What needs to be done » From the entries below, copy exactly the lines from the one that contains "-- A start on" through the one that contains "-- ===== src/Allocator/Search.antt", both included, and only those.

Records provided »

☆ ☆ ☆

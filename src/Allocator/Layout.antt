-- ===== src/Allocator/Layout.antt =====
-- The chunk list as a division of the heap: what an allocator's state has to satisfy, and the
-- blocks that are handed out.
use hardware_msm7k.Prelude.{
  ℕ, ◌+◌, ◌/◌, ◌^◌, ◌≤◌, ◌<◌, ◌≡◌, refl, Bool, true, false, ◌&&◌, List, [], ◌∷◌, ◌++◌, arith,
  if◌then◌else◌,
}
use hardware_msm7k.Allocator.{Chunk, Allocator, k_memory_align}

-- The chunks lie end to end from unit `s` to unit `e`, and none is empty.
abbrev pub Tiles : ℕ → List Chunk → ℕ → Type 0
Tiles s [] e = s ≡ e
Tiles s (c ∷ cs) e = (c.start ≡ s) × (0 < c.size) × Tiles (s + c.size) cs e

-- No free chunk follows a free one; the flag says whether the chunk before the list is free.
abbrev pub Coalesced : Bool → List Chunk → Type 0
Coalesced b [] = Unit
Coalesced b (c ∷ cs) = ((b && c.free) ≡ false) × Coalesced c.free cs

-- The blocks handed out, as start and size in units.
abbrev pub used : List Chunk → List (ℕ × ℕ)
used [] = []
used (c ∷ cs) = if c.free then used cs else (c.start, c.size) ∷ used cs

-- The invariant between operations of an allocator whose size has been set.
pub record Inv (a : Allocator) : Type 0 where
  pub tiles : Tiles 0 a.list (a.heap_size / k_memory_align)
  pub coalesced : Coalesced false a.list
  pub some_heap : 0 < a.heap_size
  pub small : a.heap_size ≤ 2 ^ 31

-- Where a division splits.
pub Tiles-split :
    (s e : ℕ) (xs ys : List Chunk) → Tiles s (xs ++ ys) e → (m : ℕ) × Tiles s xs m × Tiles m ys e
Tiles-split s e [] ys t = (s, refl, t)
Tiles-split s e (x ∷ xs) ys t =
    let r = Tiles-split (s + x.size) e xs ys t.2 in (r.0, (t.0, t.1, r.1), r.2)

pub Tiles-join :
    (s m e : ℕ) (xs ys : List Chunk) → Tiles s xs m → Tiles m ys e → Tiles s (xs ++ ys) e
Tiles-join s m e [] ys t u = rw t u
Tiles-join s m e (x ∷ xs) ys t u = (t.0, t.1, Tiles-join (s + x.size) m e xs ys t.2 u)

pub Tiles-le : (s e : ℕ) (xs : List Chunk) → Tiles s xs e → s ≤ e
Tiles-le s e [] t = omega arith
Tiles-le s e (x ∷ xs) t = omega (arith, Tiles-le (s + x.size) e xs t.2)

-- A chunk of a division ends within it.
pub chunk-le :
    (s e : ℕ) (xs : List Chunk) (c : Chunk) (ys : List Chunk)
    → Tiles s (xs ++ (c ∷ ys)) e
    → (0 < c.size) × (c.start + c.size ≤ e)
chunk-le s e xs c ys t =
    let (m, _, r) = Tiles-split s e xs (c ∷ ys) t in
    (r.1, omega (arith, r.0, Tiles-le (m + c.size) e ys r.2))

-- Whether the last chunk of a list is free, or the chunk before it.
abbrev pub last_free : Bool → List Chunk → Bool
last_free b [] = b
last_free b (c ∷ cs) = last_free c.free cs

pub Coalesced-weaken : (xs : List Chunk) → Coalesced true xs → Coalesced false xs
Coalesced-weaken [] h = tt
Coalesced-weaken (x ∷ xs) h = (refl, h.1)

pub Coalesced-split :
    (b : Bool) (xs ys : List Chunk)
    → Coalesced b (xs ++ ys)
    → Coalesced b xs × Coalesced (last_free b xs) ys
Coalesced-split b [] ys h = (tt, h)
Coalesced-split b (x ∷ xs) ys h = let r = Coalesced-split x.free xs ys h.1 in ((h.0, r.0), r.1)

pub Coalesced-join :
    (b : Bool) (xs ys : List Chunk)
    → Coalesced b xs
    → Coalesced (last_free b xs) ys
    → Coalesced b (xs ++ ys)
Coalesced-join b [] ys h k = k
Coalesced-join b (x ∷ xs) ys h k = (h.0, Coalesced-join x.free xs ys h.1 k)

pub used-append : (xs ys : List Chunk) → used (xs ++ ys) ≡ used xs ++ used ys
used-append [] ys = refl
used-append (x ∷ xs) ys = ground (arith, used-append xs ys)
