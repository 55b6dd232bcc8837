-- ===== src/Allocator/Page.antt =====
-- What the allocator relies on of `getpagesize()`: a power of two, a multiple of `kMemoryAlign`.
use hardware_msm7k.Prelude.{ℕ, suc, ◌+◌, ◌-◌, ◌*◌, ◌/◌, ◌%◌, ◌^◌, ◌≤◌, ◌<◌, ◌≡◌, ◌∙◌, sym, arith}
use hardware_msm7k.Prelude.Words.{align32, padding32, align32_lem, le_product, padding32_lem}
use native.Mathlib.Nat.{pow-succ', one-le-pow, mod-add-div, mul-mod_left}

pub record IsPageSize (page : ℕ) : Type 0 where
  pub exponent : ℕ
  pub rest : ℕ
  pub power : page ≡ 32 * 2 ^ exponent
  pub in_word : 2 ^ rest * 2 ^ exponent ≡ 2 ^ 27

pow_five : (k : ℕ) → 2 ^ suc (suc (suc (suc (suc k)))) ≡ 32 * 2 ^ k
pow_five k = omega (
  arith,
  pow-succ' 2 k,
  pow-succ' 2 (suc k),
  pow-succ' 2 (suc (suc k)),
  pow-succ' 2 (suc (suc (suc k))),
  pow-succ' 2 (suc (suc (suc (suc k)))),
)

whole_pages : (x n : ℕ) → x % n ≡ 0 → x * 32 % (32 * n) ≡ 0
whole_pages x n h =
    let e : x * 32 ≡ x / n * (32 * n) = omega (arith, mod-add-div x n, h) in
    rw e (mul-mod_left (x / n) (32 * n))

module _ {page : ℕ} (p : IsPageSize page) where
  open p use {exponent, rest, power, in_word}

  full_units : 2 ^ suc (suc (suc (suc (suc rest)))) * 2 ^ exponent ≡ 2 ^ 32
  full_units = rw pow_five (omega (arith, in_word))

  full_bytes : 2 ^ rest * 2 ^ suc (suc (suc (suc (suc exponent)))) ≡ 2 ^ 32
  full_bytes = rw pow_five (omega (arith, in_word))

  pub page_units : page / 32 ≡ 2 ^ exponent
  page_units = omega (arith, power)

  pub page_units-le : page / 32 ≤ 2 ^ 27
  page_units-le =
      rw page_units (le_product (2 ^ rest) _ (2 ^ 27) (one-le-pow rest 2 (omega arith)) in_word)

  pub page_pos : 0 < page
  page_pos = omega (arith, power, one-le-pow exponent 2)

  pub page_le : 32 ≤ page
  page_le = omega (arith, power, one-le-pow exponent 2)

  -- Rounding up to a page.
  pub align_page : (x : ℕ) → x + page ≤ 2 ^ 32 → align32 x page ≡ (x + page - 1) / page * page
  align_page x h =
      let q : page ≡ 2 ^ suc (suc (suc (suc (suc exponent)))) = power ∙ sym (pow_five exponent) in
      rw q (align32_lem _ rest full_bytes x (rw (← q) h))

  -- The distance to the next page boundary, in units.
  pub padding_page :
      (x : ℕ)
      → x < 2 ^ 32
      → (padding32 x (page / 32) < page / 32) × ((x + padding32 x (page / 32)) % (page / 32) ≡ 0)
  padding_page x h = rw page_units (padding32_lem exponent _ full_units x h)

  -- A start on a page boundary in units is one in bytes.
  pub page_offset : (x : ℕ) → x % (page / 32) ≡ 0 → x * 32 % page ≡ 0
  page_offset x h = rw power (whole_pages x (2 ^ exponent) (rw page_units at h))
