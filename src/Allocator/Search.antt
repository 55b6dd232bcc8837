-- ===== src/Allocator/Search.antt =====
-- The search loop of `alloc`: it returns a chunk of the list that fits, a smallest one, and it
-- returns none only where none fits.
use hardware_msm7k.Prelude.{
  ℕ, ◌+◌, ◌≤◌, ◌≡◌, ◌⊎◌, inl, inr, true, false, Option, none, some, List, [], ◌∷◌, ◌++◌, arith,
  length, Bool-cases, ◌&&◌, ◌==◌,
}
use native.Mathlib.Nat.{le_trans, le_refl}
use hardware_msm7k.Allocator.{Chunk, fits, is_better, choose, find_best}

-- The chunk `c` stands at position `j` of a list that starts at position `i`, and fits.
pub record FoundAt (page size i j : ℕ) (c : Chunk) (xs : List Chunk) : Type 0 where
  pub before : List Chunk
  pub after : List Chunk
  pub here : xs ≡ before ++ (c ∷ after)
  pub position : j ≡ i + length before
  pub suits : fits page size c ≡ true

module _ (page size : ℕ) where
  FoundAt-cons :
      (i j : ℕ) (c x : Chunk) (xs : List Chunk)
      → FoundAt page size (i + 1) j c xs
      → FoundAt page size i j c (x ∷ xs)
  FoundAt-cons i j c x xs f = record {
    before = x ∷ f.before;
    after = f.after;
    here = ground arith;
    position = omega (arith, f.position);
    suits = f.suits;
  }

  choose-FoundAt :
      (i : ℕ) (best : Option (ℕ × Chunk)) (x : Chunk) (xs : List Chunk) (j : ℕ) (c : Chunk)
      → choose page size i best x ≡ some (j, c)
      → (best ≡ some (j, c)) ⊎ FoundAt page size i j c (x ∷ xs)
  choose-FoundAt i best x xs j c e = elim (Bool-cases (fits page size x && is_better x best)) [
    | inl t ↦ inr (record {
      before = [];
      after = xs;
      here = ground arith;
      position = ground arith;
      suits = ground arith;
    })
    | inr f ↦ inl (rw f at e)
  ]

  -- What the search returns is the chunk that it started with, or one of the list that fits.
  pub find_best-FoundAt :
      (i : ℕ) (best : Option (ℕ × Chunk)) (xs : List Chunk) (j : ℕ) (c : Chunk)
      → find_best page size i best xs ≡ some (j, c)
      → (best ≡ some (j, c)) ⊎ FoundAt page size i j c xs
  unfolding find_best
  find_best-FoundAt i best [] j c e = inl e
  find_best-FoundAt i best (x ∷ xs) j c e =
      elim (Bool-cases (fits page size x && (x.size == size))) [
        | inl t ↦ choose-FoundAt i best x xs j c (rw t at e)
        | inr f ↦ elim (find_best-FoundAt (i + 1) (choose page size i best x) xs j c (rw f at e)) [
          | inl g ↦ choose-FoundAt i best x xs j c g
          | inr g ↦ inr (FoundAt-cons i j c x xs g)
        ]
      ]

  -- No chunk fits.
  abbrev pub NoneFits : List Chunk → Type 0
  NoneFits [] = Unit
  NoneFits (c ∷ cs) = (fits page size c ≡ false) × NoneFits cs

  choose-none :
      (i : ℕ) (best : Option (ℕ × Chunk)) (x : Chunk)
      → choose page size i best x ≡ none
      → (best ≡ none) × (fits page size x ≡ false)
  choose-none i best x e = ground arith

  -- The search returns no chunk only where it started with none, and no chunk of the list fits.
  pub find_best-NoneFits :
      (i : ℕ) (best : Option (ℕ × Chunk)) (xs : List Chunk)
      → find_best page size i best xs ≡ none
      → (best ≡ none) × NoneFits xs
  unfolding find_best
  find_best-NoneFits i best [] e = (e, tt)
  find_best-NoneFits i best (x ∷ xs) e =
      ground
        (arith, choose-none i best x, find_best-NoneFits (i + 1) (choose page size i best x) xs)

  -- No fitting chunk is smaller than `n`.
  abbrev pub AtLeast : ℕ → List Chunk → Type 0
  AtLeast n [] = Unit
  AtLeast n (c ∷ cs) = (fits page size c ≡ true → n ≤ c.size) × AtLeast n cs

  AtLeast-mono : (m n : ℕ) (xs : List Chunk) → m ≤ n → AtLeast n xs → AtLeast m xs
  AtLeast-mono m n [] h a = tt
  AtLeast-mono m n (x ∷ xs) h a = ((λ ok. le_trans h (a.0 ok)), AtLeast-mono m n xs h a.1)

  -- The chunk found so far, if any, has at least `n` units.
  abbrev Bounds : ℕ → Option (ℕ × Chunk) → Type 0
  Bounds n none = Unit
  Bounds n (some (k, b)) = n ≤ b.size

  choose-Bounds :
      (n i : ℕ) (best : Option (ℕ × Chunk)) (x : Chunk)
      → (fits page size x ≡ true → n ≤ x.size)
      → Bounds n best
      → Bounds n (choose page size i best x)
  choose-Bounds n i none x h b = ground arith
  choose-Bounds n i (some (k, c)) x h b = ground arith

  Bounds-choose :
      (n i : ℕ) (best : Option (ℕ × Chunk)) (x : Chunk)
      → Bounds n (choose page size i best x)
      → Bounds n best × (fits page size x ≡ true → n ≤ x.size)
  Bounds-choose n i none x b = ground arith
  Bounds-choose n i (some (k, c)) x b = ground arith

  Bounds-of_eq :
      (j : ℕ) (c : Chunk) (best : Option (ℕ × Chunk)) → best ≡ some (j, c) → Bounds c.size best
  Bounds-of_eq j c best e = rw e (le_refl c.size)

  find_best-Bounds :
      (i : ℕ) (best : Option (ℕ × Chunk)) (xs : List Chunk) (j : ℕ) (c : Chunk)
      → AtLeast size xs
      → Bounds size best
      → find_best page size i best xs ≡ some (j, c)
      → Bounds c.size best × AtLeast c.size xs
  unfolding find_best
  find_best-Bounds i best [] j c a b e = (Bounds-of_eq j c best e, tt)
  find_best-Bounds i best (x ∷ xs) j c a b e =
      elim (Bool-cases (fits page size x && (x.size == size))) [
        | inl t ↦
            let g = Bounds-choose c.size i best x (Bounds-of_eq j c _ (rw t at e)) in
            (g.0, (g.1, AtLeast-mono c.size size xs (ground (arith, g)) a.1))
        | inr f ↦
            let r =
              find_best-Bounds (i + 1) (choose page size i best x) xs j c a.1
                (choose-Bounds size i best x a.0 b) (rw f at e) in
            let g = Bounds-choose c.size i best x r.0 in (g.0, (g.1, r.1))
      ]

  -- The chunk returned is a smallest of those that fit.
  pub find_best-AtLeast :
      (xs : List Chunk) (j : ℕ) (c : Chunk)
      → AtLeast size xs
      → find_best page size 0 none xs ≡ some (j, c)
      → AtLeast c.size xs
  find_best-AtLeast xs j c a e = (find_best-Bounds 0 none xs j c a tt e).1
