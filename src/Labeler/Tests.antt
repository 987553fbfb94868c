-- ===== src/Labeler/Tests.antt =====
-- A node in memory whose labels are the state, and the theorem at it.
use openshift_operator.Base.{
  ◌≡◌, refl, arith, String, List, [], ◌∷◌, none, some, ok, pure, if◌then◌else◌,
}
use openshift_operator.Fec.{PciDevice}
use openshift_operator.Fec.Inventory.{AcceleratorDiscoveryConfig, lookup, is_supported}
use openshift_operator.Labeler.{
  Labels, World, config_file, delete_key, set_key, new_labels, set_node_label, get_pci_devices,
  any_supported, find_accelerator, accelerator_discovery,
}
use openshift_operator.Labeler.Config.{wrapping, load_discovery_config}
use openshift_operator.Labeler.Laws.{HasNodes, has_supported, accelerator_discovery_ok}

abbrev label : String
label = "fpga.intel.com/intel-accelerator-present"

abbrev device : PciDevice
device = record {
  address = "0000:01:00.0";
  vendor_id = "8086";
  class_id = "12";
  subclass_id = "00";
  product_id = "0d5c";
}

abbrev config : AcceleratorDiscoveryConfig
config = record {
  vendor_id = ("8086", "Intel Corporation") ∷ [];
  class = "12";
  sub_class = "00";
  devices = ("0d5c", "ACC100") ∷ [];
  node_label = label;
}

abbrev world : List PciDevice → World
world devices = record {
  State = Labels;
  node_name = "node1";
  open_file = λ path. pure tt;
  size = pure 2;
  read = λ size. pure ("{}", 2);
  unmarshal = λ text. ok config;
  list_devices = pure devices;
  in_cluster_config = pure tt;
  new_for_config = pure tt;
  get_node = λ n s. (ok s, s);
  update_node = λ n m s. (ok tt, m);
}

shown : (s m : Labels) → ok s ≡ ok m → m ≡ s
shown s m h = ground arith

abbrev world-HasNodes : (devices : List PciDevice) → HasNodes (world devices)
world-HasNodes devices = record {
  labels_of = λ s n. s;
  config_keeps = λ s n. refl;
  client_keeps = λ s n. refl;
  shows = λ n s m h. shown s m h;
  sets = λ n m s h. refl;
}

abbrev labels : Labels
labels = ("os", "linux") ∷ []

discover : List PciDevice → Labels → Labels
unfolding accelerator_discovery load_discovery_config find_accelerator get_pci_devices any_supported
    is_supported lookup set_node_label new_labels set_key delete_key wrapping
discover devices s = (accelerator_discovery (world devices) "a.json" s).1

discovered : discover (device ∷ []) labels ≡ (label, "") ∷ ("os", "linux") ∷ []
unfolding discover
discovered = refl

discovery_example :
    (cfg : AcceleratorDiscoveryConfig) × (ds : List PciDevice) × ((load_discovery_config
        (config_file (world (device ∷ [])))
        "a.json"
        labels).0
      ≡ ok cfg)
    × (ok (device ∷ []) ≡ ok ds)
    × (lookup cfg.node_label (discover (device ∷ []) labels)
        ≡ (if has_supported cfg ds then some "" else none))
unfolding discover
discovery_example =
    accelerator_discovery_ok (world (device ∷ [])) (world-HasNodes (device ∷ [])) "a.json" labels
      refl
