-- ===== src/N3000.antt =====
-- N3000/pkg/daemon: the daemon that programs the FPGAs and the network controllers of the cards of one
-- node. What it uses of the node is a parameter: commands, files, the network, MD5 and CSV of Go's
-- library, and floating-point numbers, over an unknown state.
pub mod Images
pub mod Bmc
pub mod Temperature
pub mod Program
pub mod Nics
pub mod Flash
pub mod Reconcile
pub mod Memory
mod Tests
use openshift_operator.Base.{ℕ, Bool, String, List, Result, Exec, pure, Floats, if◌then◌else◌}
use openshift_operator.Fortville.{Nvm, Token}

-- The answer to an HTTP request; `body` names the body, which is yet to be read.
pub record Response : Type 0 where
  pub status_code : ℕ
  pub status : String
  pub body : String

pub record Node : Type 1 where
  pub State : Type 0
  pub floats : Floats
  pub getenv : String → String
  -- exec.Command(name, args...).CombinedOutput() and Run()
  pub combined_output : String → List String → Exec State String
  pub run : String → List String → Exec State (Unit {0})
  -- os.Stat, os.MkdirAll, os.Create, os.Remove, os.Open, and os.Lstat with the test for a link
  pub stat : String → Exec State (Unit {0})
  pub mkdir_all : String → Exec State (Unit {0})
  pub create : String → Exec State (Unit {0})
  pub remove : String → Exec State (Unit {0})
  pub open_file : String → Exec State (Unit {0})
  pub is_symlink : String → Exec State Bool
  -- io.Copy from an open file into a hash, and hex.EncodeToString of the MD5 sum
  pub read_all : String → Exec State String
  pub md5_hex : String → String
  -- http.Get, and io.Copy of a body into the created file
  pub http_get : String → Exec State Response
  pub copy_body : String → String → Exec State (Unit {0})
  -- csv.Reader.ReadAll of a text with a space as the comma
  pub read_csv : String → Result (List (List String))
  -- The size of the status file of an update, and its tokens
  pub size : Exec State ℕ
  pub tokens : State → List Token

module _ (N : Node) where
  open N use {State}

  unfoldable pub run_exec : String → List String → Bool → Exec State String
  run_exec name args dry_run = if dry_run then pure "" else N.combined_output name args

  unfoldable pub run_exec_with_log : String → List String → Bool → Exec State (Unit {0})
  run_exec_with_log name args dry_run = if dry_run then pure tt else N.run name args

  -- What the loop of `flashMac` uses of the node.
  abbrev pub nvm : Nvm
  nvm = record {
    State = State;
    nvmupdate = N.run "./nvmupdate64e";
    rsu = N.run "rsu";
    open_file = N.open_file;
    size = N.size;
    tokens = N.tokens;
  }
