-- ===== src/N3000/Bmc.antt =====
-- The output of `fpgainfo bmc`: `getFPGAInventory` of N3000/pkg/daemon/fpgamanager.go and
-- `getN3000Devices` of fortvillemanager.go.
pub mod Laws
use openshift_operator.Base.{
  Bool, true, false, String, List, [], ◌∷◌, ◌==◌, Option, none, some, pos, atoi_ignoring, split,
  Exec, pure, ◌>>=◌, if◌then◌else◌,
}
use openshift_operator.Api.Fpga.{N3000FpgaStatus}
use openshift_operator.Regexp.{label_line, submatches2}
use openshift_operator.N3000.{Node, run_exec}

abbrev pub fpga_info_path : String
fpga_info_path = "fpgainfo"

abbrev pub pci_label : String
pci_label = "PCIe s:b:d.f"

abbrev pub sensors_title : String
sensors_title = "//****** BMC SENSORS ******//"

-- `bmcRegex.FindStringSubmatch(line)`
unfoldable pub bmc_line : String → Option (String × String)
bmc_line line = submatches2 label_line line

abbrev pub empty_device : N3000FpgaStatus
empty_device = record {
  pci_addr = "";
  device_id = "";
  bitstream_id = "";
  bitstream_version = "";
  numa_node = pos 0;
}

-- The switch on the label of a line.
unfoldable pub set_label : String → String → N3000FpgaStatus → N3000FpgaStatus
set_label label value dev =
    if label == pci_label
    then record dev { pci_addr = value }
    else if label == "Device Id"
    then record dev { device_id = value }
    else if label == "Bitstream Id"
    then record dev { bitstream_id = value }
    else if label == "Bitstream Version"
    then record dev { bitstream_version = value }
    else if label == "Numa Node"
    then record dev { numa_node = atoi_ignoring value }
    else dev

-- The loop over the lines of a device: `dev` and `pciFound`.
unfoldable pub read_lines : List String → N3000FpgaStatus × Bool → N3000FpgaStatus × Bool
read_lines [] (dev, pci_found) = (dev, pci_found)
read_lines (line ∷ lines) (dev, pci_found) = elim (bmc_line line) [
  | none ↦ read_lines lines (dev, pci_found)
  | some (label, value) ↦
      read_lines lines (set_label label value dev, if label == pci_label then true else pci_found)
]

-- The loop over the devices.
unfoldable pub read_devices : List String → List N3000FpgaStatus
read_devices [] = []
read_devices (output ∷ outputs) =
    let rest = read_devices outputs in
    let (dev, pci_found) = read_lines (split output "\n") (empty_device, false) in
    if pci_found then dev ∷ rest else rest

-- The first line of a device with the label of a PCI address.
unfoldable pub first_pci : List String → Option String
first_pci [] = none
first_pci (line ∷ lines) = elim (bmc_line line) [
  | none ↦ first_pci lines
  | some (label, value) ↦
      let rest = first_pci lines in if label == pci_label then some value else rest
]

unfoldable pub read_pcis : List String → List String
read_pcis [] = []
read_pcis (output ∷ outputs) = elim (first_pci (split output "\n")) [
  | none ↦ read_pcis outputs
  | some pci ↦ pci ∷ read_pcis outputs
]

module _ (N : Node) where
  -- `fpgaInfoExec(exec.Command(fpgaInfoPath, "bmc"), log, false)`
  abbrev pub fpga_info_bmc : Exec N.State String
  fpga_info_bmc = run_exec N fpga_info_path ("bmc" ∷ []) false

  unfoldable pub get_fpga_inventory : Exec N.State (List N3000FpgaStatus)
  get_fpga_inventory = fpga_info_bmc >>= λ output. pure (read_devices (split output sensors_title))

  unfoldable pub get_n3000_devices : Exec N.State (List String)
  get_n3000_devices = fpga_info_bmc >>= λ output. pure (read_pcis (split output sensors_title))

☆ ☆ ☆

Completed exercise »
  -- A start on a page boundary in units is one in bytes.
  pub page_offset : (x : ℕ) → x % (page / 32) ≡ 0 → x * 32 % page ≡ 0
  page_offset x h = rw power (whole_pages x (2 ^ exponent) (rw page_units at h))
filename src/Allocator/Search.antt
repository 55b6dd232bcc8837
-- ===== src/Allocator/Search.antt =====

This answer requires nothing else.